### [YOUR INSTRUCTIONS]
Your answer must be an exact copy of the lines from the one holding "wider (k, i, l)" through the last line of the entries below, with nothing added.

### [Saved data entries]
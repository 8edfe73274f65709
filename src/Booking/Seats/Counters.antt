-- ===== src/Booking/Seats/Counters.antt =====
-- What the operations do to each counter.
use text.Mathlib.TextPositions.{eq_refl}
use tissi_mah.Prelude.{
  ℕ, zero, suc, ℤ, pos, pos_part, ◌+ℤ◌, ◌-ℤ◌, ◌≤ℤ◌, ◌<ℤ◌, ltb_ℤ, eqb_ℤ, arith, String, str_eq,
  eq_iff, Bool, true, false, ◌&&◌, some, if◌then◌else◌, ◌≡◌, refl, sym, ◌∙◌, Bool-cases, inl, inr,
  +ℤ_parts, -ℤ_parts, eq_of_parts,
}
use tissi_mah.Booking.Seats.{
  Counters, put, seats_of, legs_from, legs, covers, update_each, all_have,
}

pub eqb→≡ : (a b : ℤ) → eqb_ℤ a b ≡ true → a ≡ b
eqb→≡ a b h = eq_of_parts a b (ground arith)

pub covers_first : (o : ℤ) (m : ℕ) → covers o (o +ℤ pos (suc m)) o ≡ true
covers_first o m = ground (arith, +ℤ_parts o (pos (suc m)))

pub covers_rest_first : (o : ℤ) (d : ℤ) → covers (o +ℤ pos 1) d o ≡ false
covers_rest_first o d = ground (arith, +ℤ_parts o (pos 1))

pub covers_rest :
    (o : ℤ) (m : ℕ) (k : ℤ)
    → eqb_ℤ k o ≡ false
    → covers (o +ℤ pos 1) ((o +ℤ pos 1) +ℤ pos m) k ≡ covers o (o +ℤ pos (suc m)) k
covers_rest o m k h =
    ground (arith, +ℤ_parts o (pos 1), +ℤ_parts (o +ℤ pos 1) (pos m), +ℤ_parts o (pos (suc m)))

pub eqb_refl : (a : ℤ) → eqb_ℤ a a ≡ true
eqb_refl a = ground arith

pub covers_none : (o k : ℤ) → covers o (o +ℤ pos 0) k ≡ false
covers_none o k = ground (arith, +ℤ_parts o (pos 0))

-- the update of the first leg, then of the others
put-at :
    (trip : String) (f : ℤ → ℤ) (o : ℤ) (m : ℕ) (c : Counters) (t : String) (k : ℤ)
    → (if str_eq t trip && covers (o +ℤ pos 1) ((o +ℤ pos 1) +ℤ pos m) k
        then some (f (seats_of (put trip o (f (seats_of (c trip o))) c t k)))
        else put trip o (f (seats_of (c trip o))) c t k)
      ≡ (if str_eq t trip && covers o (o +ℤ pos (suc m)) k
          then some (f (seats_of (c t k)))
          else c t k)
put-at trip f o m c t k = elim (Bool-cases (str_eq t trip)) [
  | inr other ↦ rw other refl
  | inl same ↦ elim (Bool-cases (eqb_ℤ k o)) [
    | inr apart ↦ rw (same, apart, covers_rest o m k apart) refl
    | inl here ↦ first_leg ((eq_iff t trip).0 same) (eqb→≡ k o here)
  ]
]
  where
    first_leg :
        t ≡ trip
        → k ≡ o
        → (if str_eq t trip && covers (o +ℤ pos 1) ((o +ℤ pos 1) +ℤ pos m) k
            then some (f (seats_of (put trip o (f (seats_of (c trip o))) c t k)))
            else put trip o (f (seats_of (c trip o))) c t k)
          ≡ (if str_eq t trip && covers o (o +ℤ pos (suc m)) k
              then some (f (seats_of (c t k)))
              else c t k)
    first_leg p q =
        rw
          (
            p,
            q,
            eq_refl trip,
            covers_rest_first o ((o +ℤ pos 1) +ℤ pos m),
            covers_first o m,
            eqb_refl o,
          )
          refl

pub update_each-at :
    (trip : String) (f : ℤ → ℤ) (m : ℕ) (o : ℤ) (c : Counters) (t : String) (k : ℤ)
    → update_each trip f (legs_from m o) c t k
      ≡ (if str_eq t trip && covers o (o +ℤ pos m) k then some (f (seats_of (c t k))) else c t k)
update_each-at trip f zero o c t k = elim (Bool-cases (str_eq t trip)) [
  | inl same ↦ rw (same, covers_none o k) refl
  | inr other ↦ rw other refl
]
update_each-at trip f (suc m) o c t k =
    update_each-at trip f m (o +ℤ pos 1) (put trip o (f (seats_of (c trip o))) c) t k
    ∙ put-at trip f o m c t k

pub covers_legs : (p d k : ℤ) → covers p (p +ℤ pos (pos_part (d -ℤ p))) k ≡ covers p d k
covers_legs p d k = ground (arith, -ℤ_parts d p, +ℤ_parts p (pos (pos_part (d -ℤ p))))

pub update_legs-at :
    (trip : String) (f : ℤ → ℤ) (p d : ℤ) (c : Counters) (t : String) (k : ℤ)
    → update_each trip f (legs p d) c t k
      ≡ (if str_eq t trip && covers p d k then some (f (seats_of (c t k))) else c t k)
update_legs-at trip f p d c t k =
    rw (← covers_legs p d k) (update_each-at trip f (pos_part (d -ℤ p)) p c t k)

all_have_from :
    (trip : String) (n : ℤ) (m : ℕ) (o : ℤ) (c : Counters)
    → all_have trip n (legs_from m o) c ≡ true
    → (k : ℤ) → covers o (o +ℤ pos m) k ≡ true
    → n ≤ℤ seats_of (c trip k)
all_have_from trip n zero o c h k i = let p : false ≡ true = rw (covers_none o k) at i in cc
all_have_from trip n (suc m) o c h k i = elim (Bool-cases (eqb_ℤ k o)) [
  | inl here ↦ rw (eqb→≡ k o here) (at_first (seats_of (c trip o)) h)
  | inr apart ↦
      all_have_from trip n m (o +ℤ pos 1) c (of_rest (ltb_ℤ (seats_of (c trip o)) n) h) k
        (covers_rest o m k apart ∙ i)
]
  where
    at_first :
        (s : ℤ)
        → (if ltb_ℤ s n then false else all_have trip n (legs_from m (o +ℤ pos 1)) c) ≡ true
        → n ≤ℤ s
    at_first s h = ground arith

    of_rest :
        (b : Bool)
        → (if b then false else all_have trip n (legs_from m (o +ℤ pos 1)) c) ≡ true
        → all_have trip n (legs_from m (o +ℤ pos 1)) c ≡ true
    of_rest true h = cc
    of_rest false h = h

pub all_have_legs :
    (trip : String) (n p d : ℤ) (c : Counters)
    → all_have trip n (legs p d) c ≡ true
    → (k : ℤ) → covers p d k ≡ true
    → n ≤ℤ seats_of (c trip k)
all_have_legs trip n p d c h k i =
    all_have_from trip n (pos_part (d -ℤ p)) p c h k (covers_legs p d k ∙ i)

lacking_from :
    (trip : String) (n : ℤ) (m : ℕ) (o : ℤ) (c : Counters)
    → all_have trip n (legs_from m o) c ≡ false
    → (k : ℤ) × (covers o (o +ℤ pos m) k ≡ true) × (seats_of (c trip k) <ℤ n)
lacking_from trip n zero o c h = cc
lacking_from trip n (suc m) o c h = elim (Bool-cases (ltb_ℤ (seats_of (c trip o)) n)) [
  | inl few ↦ (o, covers_first o m, ground arith)
  | inr enough ↦ wider (lacking_from trip n m (o +ℤ pos 1) c (rw enough at h))
]
  where
    wider :
        (k : ℤ) × (covers (o +ℤ pos 1) ((o +ℤ pos 1) +ℤ pos m) k ≡ true)
          × (seats_of (c trip k) <ℤ n)
        → (k : ℤ) × (covers o (o +ℤ pos (suc m)) k ≡ true) × (seats_of (c trip k) <ℤ n)
    wider (k, i, l) = elim (Bool-cases (eqb_ℤ k o)) [
      | inl here ↦ (k, rw (eqb→≡ k o here) (covers_first o m), l)
      | inr apart ↦ (k, sym (covers_rest o m k apart) ∙ i, l)
    ]

pub lacking_leg :
    (trip : String) (n p d : ℤ) (c : Counters)
    → all_have trip n (legs p d) c ≡ false
    → (k : ℤ) × (covers p d k ≡ true) × (seats_of (c trip k) <ℤ n)
lacking_leg trip n p d c h =
    let (k, i, l) = lacking_from trip n (pos_part (d -ℤ p)) p c h in
    (k, sym (covers_legs p d k) ∙ i, l)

### [OUTPUT BELOW]
    wider (k, i, l) = elim (Bool-cases (eqb_ℤ k o)) [
      | inl here ↦ (k, rw (eqb→≡ k o here) (covers_first o m), l)
      | inr apart ↦ (k, sym (covers_rest o m k apart) ∙ i, l)
    ]

pub lacking_leg :
    (trip : String) (n p d : ℤ) (c : Counters)
    → all_have trip n (legs p d) c ≡ false
    → (k : ℤ) × (covers p d k ≡ true) × (seats_of (c trip k) <ℤ n)
lacking_leg trip n p d c h =
    let (k, i, l) = lacking_from trip n (pos_part (d -ℤ p)) p c h in
    (k, sym (covers_legs p d k) ∙ i, l)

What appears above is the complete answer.